I love this idea and I definitely think it's worth playing with to see if you could make it work. You could write it in the first person and still the reader would know more than the MC after each anmesiatic episode. How fun would it be if the MC has three completely different "first impressions" of the same person? I will say you would have to come up with an explanation for the resurrections. For the reader, that would be the big question. Already I'm wondering if the MC doesn't know he's really a robot that keeps rebooting or a character in a sim style computer game. Good luck!
I'd add a portion to the beginning of the story, to set up a plot, and then have the events of the dream happen.
Great Idea. Lots of room to play in this one... and think of the time you will save on character histories!!!
I don't think it's crazy at all. Agreeing with what the others have said I'd also encourage you to explore the idea more. I'm currently working on a novel that has started as a dream but it has evolved a LOT ever since that dream 3 years ago. What I'm trying to say is that take your dream idea and expand on it, ask yourself why should a person come back to life, close your eyes and try to dream the answer- even if it's day dreaming. Dreams are fantastic places to get plot ideas but they usually don't contain everything or are generally flawed, because they are dreams. Yours sound like a very nice idea only if you find ways to make it applicable. There's no need to understand every little detail, after all even in real life we don't always understand everything. Sometimes things happen just for the sake of happening and that would only make your plot more realistically acceptable.

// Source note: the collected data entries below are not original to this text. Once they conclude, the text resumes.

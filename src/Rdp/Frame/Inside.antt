-- ===== src/Rdp/Frame/Inside.antt =====
-- What `clamp_a_l_image` (rdp-sidecar/src/trames.rs) leaves of a rectangle.
use avash.Base.{
  ℕ, ◌-◌, ◌≤◌, ◌<◌, min, true, false, ◌≡◌, ◌↔◌, inl, inr, Option, none, some, arith, Bool-cases,
}
use avash.Rdp.Dirty.{Rect}
use avash.Rdp.Dirty.Pixels.{Holds}
use avash.Rdp.Frame.{Image, is_outside, clamp}

pub record IsInside (image : Image) (r : Rect) : Type 0 where
  pub across : r.left ≤ r.right
  pub down : r.top ≤ r.bottom
  pub in_width : r.right < image.width
  pub in_height : r.bottom < image.height

-- What is left is inside the image, and is exactly the pixels of the image in the rectangle.
abbrev pub IsClamped : Image → Rect → Option Rect → Type 0
IsClamped image r none = (x y : ℕ) → x < image.width → y < image.height → ¬ Holds x y r
IsClamped image r (some c) =
    IsInside image c
    × ((x y : ℕ) → (Holds x y r × (x < image.width) × (y < image.height)) ↔ Holds x y c)

is_outside-Holds :
    (r : Rect) (image : Image)
    → is_outside r image ≡ true
    → (x y : ℕ) → x < image.width
    → y < image.height
    → ¬ Holds x y r
is_outside-Holds r image e x y w h p = ground (arith, p)

module _ (r : Rect) (image : Image) (e : is_outside r image ≡ false) where
  abbrev cut : Rect
  cut = record {
    left = r.left;
    top = r.top;
    right = min r.right (image.width - 1);
    bottom = min r.bottom (image.height - 1);
  }

  wide_enough : (0 < image.width) × (r.left < image.width) × (r.left ≤ r.right)
  wide_enough = ground arith

  high_enough : (0 < image.height) × (r.top < image.height) × (r.top ≤ r.bottom)
  high_enough = ground arith

  cut-IsInside : IsInside image cut
  cut-IsInside = record {
    across = omega (arith, wide_enough);
    down = omega (arith, high_enough);
    in_width = omega (arith, wide_enough);
    in_height = omega (arith, high_enough);
  }

  cut-Holds : (x y : ℕ) → (Holds x y r × (x < image.width) × (y < image.height)) ↔ Holds x y cut
  cut-Holds x y = (
    λ h. (omega (arith, h), omega (arith, h), omega (arith, h), omega (arith, h)),
    λ h. (
      (omega (arith, h), omega (arith, h), omega (arith, h), omega (arith, h)),
      omega (arith, h, wide_enough),
      omega (arith, h, high_enough),
    ),
  )

-- Whatever the rectangle, `clamp_a_l_image` drops it only if no pixel of the image is in it; else
-- it gives the rectangle, inside the image, of the pixels of the image that are in it.
pub clamp-IsClamped : (r : Rect) (image : Image) → IsClamped image r (clamp r image)
unfolding clamp
clamp-IsClamped r image = elim (Bool-cases (is_outside r image)) [
  | inl e ↦ rw (clamp, e) (is_outside-Holds r image e)
  | inr e ↦ rw (clamp, e) (cut-IsInside r image e, cut-Holds r image e)
]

I have no control over plots in my writing, but I'd suggest finding a reason for events. Maybe there's a bad guy behind all of your character's deaths? I don't plan my plot, the story evolves and creates itself for me, but there are some parts where you will have to think hard before writing to make sure many things connect. Major example of story evolution: my character began as a lone warrior/mercenary woman but now she's a common village peasant girl that gets kidnapped. stories can change a LOT if you keep working on them for long enough.
huh???... then who does all the thinking and writing?... do you only do ghostwriting and add nothing to your client's plot?

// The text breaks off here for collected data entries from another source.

-- ===== src/Rdp/Frame/Sizes.antt =====
-- The sizes of the messages of rdp-sidecar/src/trames.rs.
use avash.Base.{
  ℕ, zero, suc, ◌+◌, ◌-◌, ◌*◌, ◌≤◌, ◌<◌, true, false, ◌≡◌, refl, subst, min, ◌∙◌, inl, inr, some,
  List, [], ◌∷◌, ◌++◌, arith, length, take, drop, length-append, length-take, length-drop, All, leb,
  Option-cases,
}
use avash.Base.Text.{Bytes}
use avash.Rdp.Dirty.{Rect}
use avash.Rdp.Frame.{
  Image, is_outside, clamp, le16, to_u8, wide, high, slice, rows, rect_bytes, frame_msg, clamp_all,
  all_bytes, message_of, frames_msg,
}
use avash.Rdp.Frame.Inside.{IsInside, IsClamped, clamp-IsClamped}

-- Four bytes a pixel.
abbrev pub IsFull : Image → Type 0
IsFull image = length image.pixels ≡ image.width * image.height * 4

pub row-fits : (a h w : ℕ) → a < h → a * w + w ≤ w * h
row-fits a zero w l = elim l [ ]
row-fits zero (suc h) w l = omega arith
row-fits (suc a) (suc h) w l = omega (arith, row-fits a h w (omega arith))

pub slice-some :
    (buf : Bytes) (start len : ℕ)
    → start + len ≤ length buf
    → (b : Bytes) × (slice buf start len ≡ some b) × (length b ≡ len)
unfolding slice
slice-some buf start len h = (
  take len (drop start buf),
  rw (leb-true (start + len) (length buf) h) refl,
  length-take len (drop start buf) (omega (arith, length-drop start buf)),
)
  where
    leb-true : (a b : ℕ) → a ≤ b → leb a b ≡ true
    leb-true a b l = ground arith

module _ (image : Image) (full : IsFull image) (r : Rect) (inside : IsInside image r) where
  row-some :
      (row : ℕ)
      → row < high r
      → (b : Bytes) × (slice image.pixels (((r.top + row) * image.width + r.left) * 4) (wide r * 4)
          ≡ some b)
        × (length b ≡ wide r * 4)
  row-some row h = slice-some image.pixels _ (wide r * 4) (
      omega (
        arith,
        full,
        row-fits (r.top + row) image.height image.width
            (omega (arith, h, inside.down, inside.in_height)),
        inside.across,
        inside.in_width,
      ))

  rows-some :
      (n row : ℕ)
      → row + n ≤ high r
      → (b : Bytes) × (rows image r n row ≡ some b) × (length b ≡ n * (wide r * 4))
  unfolding rows
  rows-some zero row h = ([], refl, omega arith)
  rows-some (suc n) row h =
      let (a, ea, la) = row-some row (omega arith) in
      let (b, eb, lb) = rows-some n (row + 1) (omega arith) in
      (a ++ b, rw (ea, eb) refl, length-append a b ∙ omega (arith, la, lb))

-- The bytes of a rectangle: eight of geometry, and its pixels.
abbrev pub size_of : Rect → ℕ
size_of r = 8 + high r * (wide r * 4)

abbrev pub sizes : List Rect → ℕ
sizes [] = 0
sizes (r ∷ rects) = size_of r + sizes rects

-- One rectangle has a header of one byte, any other number of them a header of two.
abbrev pub message_size : List Rect → ℕ
message_size (r ∷ []) = 1 + size_of r
message_size rects = 2 + sizes rects

abbrev header : Rect → Bytes
header r = le16 r.left ++ (le16 r.top ++ (le16 (wide r) ++ le16 (high r)))

rect_bytes-some :
    (image : Image) (r : Rect)
    → IsFull image
    → IsInside image r
    → (b : Bytes) × (rect_bytes image r ≡ some b) × (length b ≡ size_of r)
unfolding rect_bytes
rect_bytes-some image r full inside =
    let (b, e, l) = rows-some image full r inside (high r) 0 (omega arith) in
    (header r ++ b, rw e refl, omega (arith, l))

all_bytes-some :
    (image : Image) (rects : List Rect)
    → IsFull image
    → All (IsInside image) rects
    → (b : Bytes) × (all_bytes image rects ≡ some b) × (length b ≡ sizes rects)
unfolding all_bytes
all_bytes-some image [] full inside = ([], refl, refl)
all_bytes-some image (r ∷ rects) full inside =
    let (a, ea, la) = rect_bytes-some image r full inside.0 in
    let (b, eb, lb) = all_bytes-some image rects full inside.1 in
    (a ++ b, rw (ea, eb) refl, length-append a b ∙ omega (arith, la, lb))

is_outside-inside : (image : Image) (r : Rect) → IsInside image r → is_outside r image ≡ false
is_outside-inside image r inside =
    ground (arith, inside.across, inside.down, inside.in_width, inside.in_height)

min-left : (a b : ℕ) → a ≤ b → min a b ≡ a
min-left a b h = omega arith

-- A rectangle inside the image is not changed by `clamp`.
clamp-inside : (image : Image) (r : Rect) → IsInside image r → clamp r image ≡ some r
unfolding clamp
clamp-inside image r inside =
    rw
      (
        clamp,
        is_outside-inside image r inside,
        min-left r.right (image.width - 1) (omega (arith, inside.in_width)),
        min-left r.bottom (image.height - 1) (omega (arith, inside.in_height)),
      )
      refl

clamp_all-IsInside :
    (image : Image) (zone : List Rect) → All (IsInside image) (clamp_all image zone)
unfolding clamp_all
clamp_all-IsInside image [] = tt
clamp_all-IsInside image (r ∷ zone) = elim (Option-cases (clamp r image)) [
  | inl e ↦ rw (clamp_all, e) (clamp_all-IsInside image zone)
  | inr (c, e) ↦ rw (clamp_all, e) (inside-of r c e, clamp_all-IsInside image zone)
]
  where
    inside-of : (r c : Rect) → clamp r image ≡ some c → IsInside image c
    inside-of r c e = (subst (IsClamped image r) e (clamp-IsClamped r image)).0

message_of-some :
    (image : Image) (rects : List Rect)
    → IsFull image
    → All (IsInside image) rects
    → (m : Bytes) × (message_of image rects ≡ some m) × (length m ≡ message_size rects)
unfolding frame_msg all_bytes
message_of-some image [] full inside = (13 ∷ 0 ∷ [], refl, refl)
message_of-some image (r ∷ []) full inside =
    let (b, e, l) = rect_bytes-some image r full inside.0 in
    (2 ∷ b, rw (frame_msg, clamp-inside image r inside.0) (rw e refl), omega (arith, l))
message_of-some image (r ∷ s ∷ rects) full inside =
    let (b, e, l) = all_bytes-some image (r ∷ s ∷ rects) full inside in
    (13 ∷ to_u8 (length (r ∷ s ∷ rects)) ∷ b, rw e refl, omega (arith, l))

-- On an image whose buffer holds four bytes a pixel, every zone gives a message, with no slice out
-- of bounds, whatever its rectangles. The message has the length that the rectangles inside the
-- image announce.
pub frames_msg-some :
    (image : Image) (zone : List Rect)
    → IsFull image
    → (m : Bytes) × (frames_msg image zone ≡ some m)
      × (length m ≡ message_size (clamp_all image zone))
unfolding frames_msg
frames_msg-some image zone full =
    message_of-some image (clamp_all image zone) full (clamp_all-IsInside image zone)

first thing that came to me was a clone-hive mind...situation. Maybe some clones escaped- living normal lives - but now are being hunted down, and the death of 1 reboots/erases their minds?- and it becomes some sort of survival thriller? or maybe at the end you find out your an alien and must be killed for the betterment of mankind- then you either die or go on to live knowing you're offspring will kill mankind.
I agree that it is difficult. But, I feel that if you just take certain pieces of a dream and add them in with a rational, organized story, it can be done. I have a very hard time writing based off of my dreams because there are often way too many crazy, tragic, and horrifying things going on at once. It's hard to make sense of. So, maybe creating a solid plot and THEN adding details from a dream would be best.
I don't find a problem with it. I generally allow books/movies/ideas a pass on explaining situations like that, if it's what the story is about. Best example I can think of, Groundhog's Day. It is never ever ever explained why he keeps repeating the same day over and over again. I don't really care about the reason. However, that's probably the only pass you're going to get, everything else better make some sort of sense . I'd suggest taking up Chris H's suggesting on reading some magical realism literature if it makes you uncomfortable about not explaining. Italo Calvino has a story about three people falling through space. Just falling. Naturally it's a love story. It's never explained why they are falling. Doesn't matter.